ENTRIES SUPPLIED:
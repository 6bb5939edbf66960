-- ===== src/Tests/Automation.antt =====
-- The automation at concrete levels.
use byte_waterlevel.Prelude.{List, ℕ, ◌≡◌, refl, true, false, some, [], ◌∷◌, inl}
use byte_waterlevel.Automation.Hysteresis.{starts, seen, swings, starts-swings}
use byte_waterlevel.Prelude.Int.{pos}
use byte_waterlevel.Settings.{relais_ch1, relais_ch2, pump_fill}
use byte_waterlevel.Floats.Milli.{Milli, milli}
use byte_waterlevel.Device.State.{no_timer}
use byte_waterlevel.Device.Relays.{set_relais}
use byte_waterlevel.Automation.{Plant, handle_fill}
use byte_waterlevel.Automation.Fill.{handle_fill-thermostat}
use byte_waterlevel.Automation.Manual.{passes, passes_after_manual_off}
use byte_waterlevel.Tests.Data.{half_full, both_modes}

-- A tank at 15 percent.
abbrev low_tank : Plant Milli
low_tank = (both_modes, record half_full { scan_water_level = some 15_000 })

handle_fill-thermostat_example :
    let (a, d) = handle_fill milli low_tank in
    (a.fill_m ≡ true)
    × (d.relay1 ≡ true)
    × (d.pins relais_ch1 ≡ true)
    × (d.ch1 ≡ no_timer)
    × (d.relay2 ≡ false)
    × (d.pins relais_ch2 ≡ false)
    × (d.ch2 ≡ no_timer)
    × (a.pump_m ≡ false)
handle_fill-thermostat_example = handle_fill-thermostat milli low_tank

-- Mode 3, with the filling relay switched on by hand.
abbrev by_hand : Plant Milli
by_hand = (record both_modes { mode = pos 3 }, record half_full { relay1 = true })

passes_after_manual_off_example :
    let (b, e) =
      passes milli
        ((5000, some 15_000) ∷ (6000, some 1_000) ∷ [])
        (record both_modes { fill_m = true }, set_relais 9 pump_fill false half_full) in
    (e.relay1 ≡ false) × (b.fill_m ≡ true)
passes_after_manual_off_example =
    passes_after_manual_off milli 9 ((5000, some 15_000) ∷ (6000, some 1_000) ∷ [])
      (record both_modes { fill_m = true }) half_full (inl refl) refl (refl, (refl, tt))

-- The tank falls, fills up, and falls again; one pass comes too early.
abbrev two_fillings : List (ℕ × Milli)
two_fillings =
    (5000, some 15_000)
    ∷ (6000, some 50_000)
    ∷ (7000, some 90_000)
    ∷ (7500, some 15_000)
    ∷ (8000, some 50_000)
    ∷ (9000, some 15_000)
    ∷ []

starts-swings_example : starts milli two_fillings (both_modes, half_full) ≡ 2
unfolding seen swings
starts-swings_example = starts-swings milli two_fillings both_modes half_full (inl refl)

EXERCISE INSTRUCTIONS: Keep only the lines from the line with "abbrev low_tank : Plant Milli" to the end of the records above, and repeat them exactly.

FINISHED TASK:
abbrev low_tank : Plant Milli
low_tank = (both_modes, record half_full { scan_water_level = some 15_000 })

handle_fill-thermostat_example :
    let (a, d) = handle_fill milli low_tank in
    (a.fill_m ≡ true)
    × (d.relay1 ≡ true)
    × (d.pins relais_ch1 ≡ true)
    × (d.ch1 ≡ no_timer)
    × (d.relay2 ≡ false)
    × (d.pins relais_ch2 ≡ false)
    × (d.ch2 ≡ no_timer)
    × (a.pump_m ≡ false)
handle_fill-thermostat_example = handle_fill-thermostat milli low_tank

-- Mode 3, with the filling relay switched on by hand.
abbrev by_hand : Plant Milli
by_hand = (record both_modes { mode = pos 3 }, record half_full { relay1 = true })

passes_after_manual_off_example :
    let (b, e) =
      passes milli
        ((5000, some 15_000) ∷ (6000, some 1_000) ∷ [])
        (record both_modes { fill_m = true }, set_relais 9 pump_fill false half_full) in
    (e.relay1 ≡ false) × (b.fill_m ≡ true)
passes_after_manual_off_example =
    passes_after_manual_off milli 9 ((5000, some 15_000) ∷ (6000, some 1_000) ∷ [])
      (record both_modes { fill_m = true }) half_full (inl refl) refl (refl, (refl, tt))

-- The tank falls, fills up, and falls again; one pass comes too early.
abbrev two_fillings : List (ℕ × Milli)
two_fillings =
    (5000, some 15_000)
    ∷ (6000, some 50_000)
    ∷ (7000, some 90_000)
    ∷ (7500, some 15_000)
    ∷ (8000, some 50_000)
    ∷ (9000, some 15_000)
    ∷ []

starts-swings_example : starts milli two_fillings (both_modes, half_full) ≡ 2
unfolding seen swings
starts-swings_example = starts-swings milli two_fillings both_modes half_full (inl refl)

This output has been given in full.